10) IC2602 (The Southern Pleiades)  Large open cluster of around 60 stars surround star Theta Carinae. Easy to spot with binoculars .

Every year planet Saturn makes it appearance in the sky when it approaches opposition, i.e. when the Earth moves into alignment with both Saturn and the Sun. This period results in the closest distance between Saturn and Earth and the brightest and biggest view of Saturn in the sky.

Opposition occurs on 28th April 2013. So can we can expect to be observing Saturn at SCOB during the later part of the month.

Here are the dates for the main moon phases this month. We will be observing the Moon at our Friday night stargazing sessions on Friday 19th April and Friday 26th April.

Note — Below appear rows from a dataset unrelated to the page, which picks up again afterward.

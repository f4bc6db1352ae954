-- ===== src/Raw10/Tests.antt =====
-- Small frames, and the theorems on them.
use podbay_camera_firmware.Prelude.{
  ℕ, ◌+◌, ◌*◌, ◌/◌, ◌<◌, ◌≡◌, List, ◌∷◌, length, replicate, arith, ok,
}
use podbay_camera_firmware.Raw10.{
  RawFrame, packed_raw10_pixel, packed_raw10_pixel_bytes, crop_raw10_bytes, tracking_coordinate,
  resample_coordinate, downsample_raw10_tracking_context_bytes, resample_raw10_bayer,
}
use podbay_camera_firmware.Raw10.Crop.{crop_raw10_bytes-pixels}
use podbay_camera_firmware.Raw10.Resample.{resample_raw10_bayer-pixels}
use podbay_camera_firmware.Raw10.Cells.{Samples}
use podbay_camera_firmware.Raw10.Tracking.{downsample_tracking-Samples}

-- Four rows of eight pixels.
abbrev tile : List ℕ
tile =
    1
    ∷ 2
    ∷ 3
    ∷ 4
    ∷ 5
    ∷ 6
    ∷ 7
    ∷ 8
    ∷ 9
    ∷ 10
    ∷ 11
    ∷ 12
    ∷ 13
    ∷ 14
    ∷ 15
    ∷ 16
    ∷ 17
    ∷ 18
    ∷ 19
    ∷ 20
    ∷ replicate 20 200

abbrev frame : RawFrame
frame = record { bytes = tile; stride = 10; timestamp_ns = 0 }

crop_raw10_bytes-pixels_example :
    (output : List ℕ) × (crop_raw10_bytes tile 10 4 1 4 2 ≡ ok output)
    × (length output ≡ 2 * (4 / 4 * 5))
    × ((i j : ℕ)
        → i < 4
        → j < 2
        → packed_raw10_pixel_bytes output (4 / 4 * 5) i j
          ≡ packed_raw10_pixel_bytes tile 10 (4 + i) (1 + j))
crop_raw10_bytes-pixels_example = crop_raw10_bytes-pixels tile 10 4 1 4 2 (omega arith)

resample_raw10_bayer-pixels_example :
    (output : List ℕ) × ((resample_raw10_bayer frame 8 4 4 2 ≡ ok output)
      × (length output ≡ 2 * (4 / 4 * 5))
      × ((i j : ℕ)
          → i < 4
          → j < 2
          → packed_raw10_pixel_bytes output (4 / 4 * 5) i j
            ≡ packed_raw10_pixel frame (resample_coordinate 8 4 i) (resample_coordinate 4 2 j)))
resample_raw10_bayer-pixels_example =
    resample_raw10_bayer-pixels frame 8 4 4 2 (omega arith) (omega arith) (omega arith)

downsample_tracking-Samples_example :
    (output : List ℕ) × Samples tile 10
      (tracking_coordinate (8 / 4))
      (tracking_coordinate (4 / 2))
      4
      2
      (downsample_raw10_tracking_context_bytes tile 10 8 4 4 2)
      output
downsample_tracking-Samples_example =
    downsample_tracking-Samples tile 10 8 4 4 2 (omega arith) (omega arith)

Full Moon on 25th/26th April 2013 will result in a Partial Lunar Eclipse over Singapore, when the Moon enters the outer edge of Earth's shadow (the penumbra). However, this is only a very small eclipse, therefore the Moon will only darken slightly during 2am-6am on Friday 26th April, (Singapore time).
We will not be holding any eclipse viewing event at SCOB.
It may be difficult to notice any change in the moon's brightness.
Lyrids Meteor Shower
Finally, 21st/22nd April is the annual Lyrids Meteor Shower, one of the brightest showers of the year. We will not be organising any meteor shower events because most meteors cannot be seen in a bright urban environment like Singapore.
You can increase you chance of seeing a few meteors by going to a wide open area such as a sports field, beach or reservoir, but the frequency of meteors may only be about one or two per hour.

Meteor showers are best observed from midnight til dawn. Lyrid meteors originate from the north-east direction but can appear in any part of the sky.